PWMU.CO – Pertarungan Partai Amanat Nasional dan Partai Ummat bisa berakhir mati sampyuh alias mati semua karena saling bunuh. Untuk itu sebelum ibarat nasi menjadi bubur, Amien Rais dan Zulkifli Hasan harus melakukan rekonsilisasi total.
Demikian Deklarator PAN Jawa Timur Anwar Hudijono, Jumat (2/10/2020). Anwar mengaku sejak pasca-Pemilu 1999 sudah tidak aktif di PAN dan partai apapun.
Menurut dia, kedua partai ini sama-sama didirikan Amien Rais. Jika PAN didirikan untuk mengisi reformasi, sementara Partai Ummat ini didirikan dengan semangat mengalahkan PAN sebagai buntut konflik internal. Mau tidak mau keduanya kini pada posisi saling berhadapan ibarat dua gladiator di koloseum.
“Saya khawatir pertarungan kedua partai ini akan berakhir seperti dalam film Gladiator. Sang penguasa, Commodus maupun sang pejuang, Maximus sama-sama mati. Akhirnya orang lain yang memperoleh keuntungan,” katanya.
Tahap awal Partai Ummat mesti berusaha merebut massa PAN. Khususnya pendukung fanatik Amien Rais atau PAN garis lurus. Mungkin ini tidak tidak terlalu sulit karena yang fanatik Amien Rais itu masih banyak meski tidak sebanyak awal era reformasi.
Di samping itu juga massa PAN yang kecewa dengan politik pragmatisme dan langkah zigzag pimpinan PAN. Sebagian warga PAN menduga ada pimpinan yang menggunakan partai untuk tameng dari jeratan hukum kasus korupsi.
“Saya kira di Indonesia ini ada invisible hand politik yang menginginkan PAN dan Partai Ummat ini mati sampyuh. Tujuannya untuk menyingkirkan Amien Rais dari orbit politik. Karena Amien itu dianggap seperti telusup di jari. Meski tidak membunuh tapi mengganggu. Kalkulasi saya, Partai Ummat nanti akan mudah lolos persyaratan administratif di Kemenkumham agar bisa tarung dengan PAN,” tegasnya.
Zamzam Tower
Ditanya tentang prospek Partai Ummat, Anwar Hudijono mengatakan, langkahnya amat sangat berat sekali. Layaknya naik bukit yang terjal sambil memanggul batu sebesar gardu. Saat ini zamannya tidak berselera terhadap partai dakwah atau yang berbasis idealisme keagamaan. Hidup partai dakwah dan partai relijious saat ini seperti menggenggam bara api.
“Ini zaman yang dapat disimbolisasikan dengan bayangan Zamzam Tower menutupi Kakbah. Maknanya silakan terjemahkan sendiri ha-ha-ha..,” katanya.

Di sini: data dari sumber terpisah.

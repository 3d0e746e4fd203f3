-- ===== src/Tests/Scheduler.antt =====
-- Three checks on one day, over bars that all rise.
use haru_trade_manager.Common.{
  ◌≡◌,
  refl,
  ℕ,
  suc,
  ◌≤◌,
  true,
  none,
  List,
  [],
  ◌∷◌,
  ok,
  if◌then◌else◌,
  ℤ_double,
  Int.{ℤ, pos, quot_ℤ},
}
use haru_trade_manager.Domain.{Candle}
use haru_trade_manager.Backtest.Scheduler.{
  Look, Scheduler, Provider, ran_on, build_signals, jobs_started, trigger_if_due, trigger_now,
}
use haru_trade_manager.Backtest.Scheduler.Daily.{jobs_started-daily}

abbrev rising : Candle ℤ
rising = record {
  open_price = pos 1;
  high = pos 3;
  low = pos 1;
  close = pos 2;
  ts = 0;
  volume = pos 1;
}

abbrev three_bars : List (Candle ℤ)
three_bars = rising ∷ rising ∷ rising ∷ []

abbrev provider : Provider ℤ ℕ
provider = record {
  candles = λ g. (ok three_bars, g);
  slippage_pct = λ g. (ok (pos 0), g);
  start_job = λ candles signals pct g. (ok "job", suc g);
}

abbrev enabled : Scheduler
enabled = record {
  enabled = true;
  run_hour = 16;
  max_signals = 80;
  last_run_date = none;
  last_job_id = none;
  last_status = none;
  last_reason = none;
  last_checked_at = none;
}

abbrev at_hour : ℕ → Look
at_hour hour = record { day = 9; hour = hour; time = hour }

jobs_started-daily_example :
    jobs_started provider
      ((at_hour 15, at_hour 15) ∷ (at_hour 16, at_hour 16) ∷ (at_hour 17, at_hour 17) ∷ [])
      (0, enabled)
    ≤ (if ran_on 9 none then 0 else 1)
jobs_started-daily_example =
    jobs_started-daily provider 9
      ((at_hour 15, at_hour 15) ∷ (at_hour 16, at_hour 16) ∷ (at_hour 17, at_hour 17) ∷ [])
      (0, enabled) ((refl, refl), ((refl, refl), ((refl, refl), tt)))

-- The second check starts the job of the day.
started :
    jobs_started provider
      ((at_hour 15, at_hour 15) ∷ (at_hour 16, at_hour 16) ∷ (at_hour 17, at_hour 17) ∷ [])
      (0, enabled)
    ≡ 1
unfolding jobs_started trigger_if_due trigger_now build_signals quot_ℤ
started = refl
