-- ===== src/Tests/Strategies.antt =====
-- A scan at half past eight, over whole numbers.
use haru_trade_manager.Common.{
  ◌≡◌,
  refl,
  some,
  [],
  ◌∷◌,
  ok,
  Int.{ℤ, pos, ◌-ℤ◌, quot_ℤ, abs_ℤ},
  ℤ_double,
}
use haru_trade_manager.Domain.{Candle}
use haru_trade_manager.Strategies.{at_time, is_active_time, last_two, gap_side}
use haru_trade_manager.Strategies.Registry.{Scan, default_strategies, scan_all}
use haru_trade_manager.Strategies.Emitted.{Emits, scan_all-Emits}

abbrev candle : ℤ → ℤ → Candle ℤ
candle opening close = record {
  open_price = opening;
  high = close;
  low = opening;
  close = close;
  ts = 0;
  volume = pos 10;
}

abbrev morning : Scan ℤ
morning = record {
  ticker = "005930";
  now = 0;
  clock = at_time 8 30;
  candles = candle (pos 40) (pos 50) ∷ candle (pos 110) (pos 120) ∷ [];
}

scan_all-Emits_example :
    Emits "3m" morning default_strategies (scan_all default_strategies "3m" morning)
scan_all-Emits_example = scan_all-Emits "3m" morning default_strategies

morning_signals :
    scan_all default_strategies "3m" morning
    ≡ ok (
        record {
          index = 1;
          side = "buy";
          ticker = "005930";
          strategy_id = "1";
          timeframe = "3m";
          price = some (pos 120);
          signal_time = some 0;
        }
        ∷ [])
unfolding scan_all default_strategies is_active_time last_two gap_side abs_ℤ quot_ℤ ◌-ℤ◌
morning_signals = refl
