-- ===== src/Tests/StrategyPerformance.antt =====
-- Trades of two strategies, of which one has too few.
use haru_trade_manager.Common.{
  ◌≡◌,
  true,
  none,
  some,
  List,
  [],
  ◌∷◌,
  ok,
  ℤ_double,
  ℤ-IsOrdered,
  Int.{ℤ, pos, negsuc},
}
use haru_trade_manager.StrategyPerformance.{PaperTrade, Query, Report, report}
use haru_trade_manager.StrategyPerformance.Page.{IsPage, report-IsPage}

abbrev two_or_more : Query ℤ
two_or_more = record {
  strategy_query = none;
  offset = 0;
  limit = 0;
  min_trades = 2;
  sort_by = "trades";
  sort_order = "desc";
  lower = λ s. s;
  contains = λ q s. true;
  before = λ s t. true;
  minus_infinity = negsuc 1000000;
}

abbrev paper_trades : List (PaperTrade ℤ)
paper_trades =
    record { strategy_id = "1"; exit_price = some (pos 11); pnl = some (pos 1) }
    ∷ record { strategy_id = "2"; exit_price = some (pos 9); pnl = some (negsuc 0) }
    ∷ record { strategy_id = "1"; exit_price = some (pos 9); pnl = some (negsuc 1) }
    ∷ record { strategy_id = "1"; exit_price = none; pnl = none }
    ∷ []

report-IsPage_example :
    (r : Report ℤ) × (report two_or_more (ok paper_trades) ≡ ok r) × IsPage two_or_more r
report-IsPage_example = report-IsPage ℤ-IsOrdered two_or_more paper_trades
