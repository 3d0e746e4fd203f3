-- ===== src/Tests/Telegram.antt =====
-- Commands over the settings of the manager.
use haru_trade_manager.Common.{
  ◌≡◌, refl, inr, String, false, none, some, List, [], ◌∷◌, ok, Dict, lookup, insert,
  lookup-insert_ne, strip, starts_with, split_words,
}
use haru_trade_manager.Runtime.{RuntimeState}
use haru_trade_manager.Telegram.{
  ConfigWriter, Providers, handle_each, handle, handle_text, handle_set, set_key, confirm_pending,
}
use haru_trade_manager.Telegram.Guarded.{IsKeyed, handle_each-locked}

-- Every value is accepted.
abbrev plain : ConfigWriter (Dict String)
plain = record {
  get_all = λ values. values;
  set = λ key value by values. (ok tt, insert key value values);
}

plain-IsKeyed : IsKeyed (Dict String) plain lookup
plain-IsKeyed = record {
  set-apart = λ key other value by values apart. lookup-insert_ne key other value values apart;
}

abbrev silent : Providers
silent = record {
  report = none;
  paper_report = none;
  backtest_status = none;
  runtime_status = none;
  str_of = λ e. e.text;
  sorted = λ rows. rows;
}

abbrev running : RuntimeState
running = record {
  entry_paused = false;
  all_paused = false;
  halted = false;
  halt_reason = none;
  halted_at = none;
  pending_change = none;
}

abbrev values : Dict String
values = ("atr_period", "14") ∷ ("stop_count", "5") ∷ []

abbrev commands : List String
commands = "/set stop_count 9" ∷ "/pause" ∷ "/set atr_period 20" ∷ "/set log_level DEBUG" ∷ []

handle_each-locked_example :
    lookup "stop_count" (handle_each plain silent commands (values, running)).0
    ≡ lookup "stop_count" values
unfolding strip
handle_each-locked_example =
    handle_each-locked plain silent lookup plain-IsKeyed "stop_count" commands (values, running)
      (inr (refl, (refl, (refl, (refl, (refl, tt)))))) tt

-- The confirmation writes what waits.
confirmed :
    lookup "stop_count"
      (handle_each plain silent ("/set  stop_count 9" ∷ " /confirm" ∷ []) (values, running)).0
    ≡ some "9"
unfolding handle_each handle handle_text strip starts_with split_words handle_set set_key
    confirm_pending lookup insert
confirmed = refl
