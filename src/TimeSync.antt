-- ===== src/TimeSync.antt =====
-- `TimeSyncService` of app/core/time_sync.py: the offset of the server's clock, read before the
-- market opens. Local times are in microseconds since a local midnight, offsets in microseconds.
pub mod Due
use haru_trade_manager.Common.{
  ℕ,
  ◌+◌,
  ◌*◌,
  ◌/◌,
  ◌%◌,
  Bool,
  true,
  false,
  not,
  ◌&&◌,
  Option,
  none,
  some,
  Act,
  Outcome,
  ok,
  raised,
  pure,
  ◌>>=◌,
  ◌>>◌,
  if◌then◌else◌,
  ◌==◌,
  ltb,
  leb,
  Int.{ℤ, pos, ◌-ℤ◌},
}
use haru_trade_manager.Domain.{Datetime}
use haru_trade_manager.Runtime.{beside}

-- The arguments of the constructor; `min_retry_seconds` is the one that it keeps, at least 1.
pub record SyncConfig : Type 0 where
  pub pre_market_sync_hour : ℕ
  pub pre_market_sync_minute : ℕ
  pub pre_market_window_minutes : ℕ
  pub min_retry_seconds : ℕ

pub record TimeSync : Type 0 where
  pub offset : ℤ
  pub last_synced_date : Option ℕ
  pub last_attempt_at : Option Datetime

-- The server's time, and the local clock, which a call may find moved on.
pub record ServerTime (G : Type 0) : Type 0 where
  pub get_server_time : Act G Datetime
  pub local_now : G → Datetime

-- `now.date()`, as a number of days
abbrev pub date_of : Datetime → ℕ
date_of now = now / 86400000000

-- `now.hour * 60 + now.minute`
abbrev pub minutes_of : Datetime → ℕ
minutes_of now = (now % 86400000000) / 60000000

unfoldable pub in_window : SyncConfig → Datetime → Bool
in_window config now =
    let start = config.pre_market_sync_hour * 60 + config.pre_market_sync_minute in
    leb start (minutes_of now) && ltb (minutes_of now) (start + config.pre_market_window_minutes)

abbrev pub is_synced : Option ℕ → Datetime → Bool
is_synced none now = false
is_synced (some date) now = date == date_of now

-- `elapsed < self.min_retry_seconds`, after an attempt
abbrev pub is_too_soon : SyncConfig → Option Datetime → Datetime → Bool
is_too_soon config none now = false
is_too_soon config (some at) now = ltb now (at + config.min_retry_seconds * 1000000)

module _ {G : Type 0} (config : SyncConfig) (server : ServerTime G) where
  -- The answer is kept, with the time at which it came.
  unfoldable pub keep_answer : Datetime → Act (G × TimeSync) ℤ
  keep_answer server_now (g, s) =
      let local_now = server.local_now g in
      let offset = pos server_now -ℤ pos local_now in
      (
        ok offset,
        (
          g,
          record {
            offset = offset;
            last_synced_date = some (date_of local_now);
            last_attempt_at = some local_now;
          },
        ),
      )

  unfoldable pub sync_offset_seconds : Act (G × TimeSync) ℤ
  unfolding keep_answer
  sync_offset_seconds = beside server.get_server_time >>= keep_answer

  abbrev pub attempt_at : Datetime → Act (G × TimeSync) (Option ℤ)
  attempt_at now (g, s) =
      (do offset ← sync_offset_seconds; pure (some offset))
        (g, record s { last_attempt_at = some now })

  unfoldable pub sync_if_due_pre_market : Act (G × TimeSync) (Option ℤ)
  unfolding sync_offset_seconds
  sync_if_due_pre_market (g, s) =
      let now = server.local_now g in
      if not (in_window config now)
      then (ok none, (g, s))
      else (if is_synced s.last_synced_date now
          then (ok (some s.offset), (g, s))
          else (if is_too_soon config s.last_attempt_at now
              then (ok none, (g, s))
              else attempt_at now (g, s)))
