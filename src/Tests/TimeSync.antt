-- ===== src/Tests/TimeSync.antt =====
-- A sync at 7:52, the first of the day.
use haru_trade_manager.Common.{◌≡◌, refl, none, some, ok, ◌+◌, Int.{pos, ◌-ℤ◌}}
use haru_trade_manager.Domain.{Datetime}
use haru_trade_manager.TimeSync.{
  SyncConfig, TimeSync, ServerTime, in_window, sync_if_due_pre_market,
}

abbrev default_sync : SyncConfig
default_sync = record {
  pre_market_sync_hour = 7;
  pre_market_sync_minute = 50;
  pre_market_window_minutes = 10;
  min_retry_seconds = 30;
}

abbrev never : TimeSync
never = record { offset = pos 0; last_synced_date = none; last_attempt_at = none }

-- The world is the local time, and the server is two seconds ahead.
abbrev ahead : ServerTime Datetime
ahead = record { get_server_time = λ t. (ok (t + 2000000), t); local_now = λ t. t }

synced :
    (sync_if_due_pre_market default_sync ahead (28320000000, never)).0 ≡ ok (some (pos 2000000))
unfolding sync_if_due_pre_market in_window ◌-ℤ◌
synced = refl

Di samping itu, masyarakat sendiri sudah tidak banyak peduli dengan partai politik. Pilihan partai politik itu seperti hafalan. Tidak mudah masyarakat berpaling ke partai baru. Lihat saja nasib partai baru seperti Perindo, PSI, Partai Berkarya, Partai Garuda yang gagal. Padahal partai ini duitnya nyaris tidak terbatas.
“Bisa-bisa Partai Ummat nanti juga gagal mencapai ambang batas parlemen. Kemungkinan nasibnya serupa Partai Gelora yang terkesan cuma jadi semacam taksi online-nya Fahri Hamzah ha-ha-ha..,” katanya sambil tertawa.
Bagi PAN sendiri, menurut Cak Ano—panggilan akrab Anwar Hudijono—jelas semakin berat langkah ke depannya. Sebenarnya tanpa kehadiran Partai Ummat, PAN sudah tertartih-tatih. Kecuali PAN melalukan perubahan manajemen partai secara total. Dari mengandalkan figur tokoh, ke manajemen berbasis institusi seperti Golkar, PPP.
“Kan selama ini PAN itu jualan Amien Rais. Sama dengan Gerindra jualan Prabowo, Partai Demokrat jualan SBY, PDIP jualan Megawati. Dengan tidak ada Amien, PAN harus jualan kinerja partai. Saya kira Zulkifli Hassan tidak cukup menarik pasar,” katanya.
Ditanya peluang rekonsiliasi Amien dengan Zul, Cak Ano mengatakan, pintu rekonsiliasi itu belum tertutup sama sekali. “Mereka ini kan besan. Kalau keduanya tukaran, kan bisa merembet ke suasana perkawinan anaknya. Hubungan perbesanan ini sebenarnya faktor pendukung. Meskipun sering kali, seperti yang dikatakan Kubilai Khan dalam film Marco Polo, musuh paling berbahaya itu justru kerabat dekat,” tegasnya.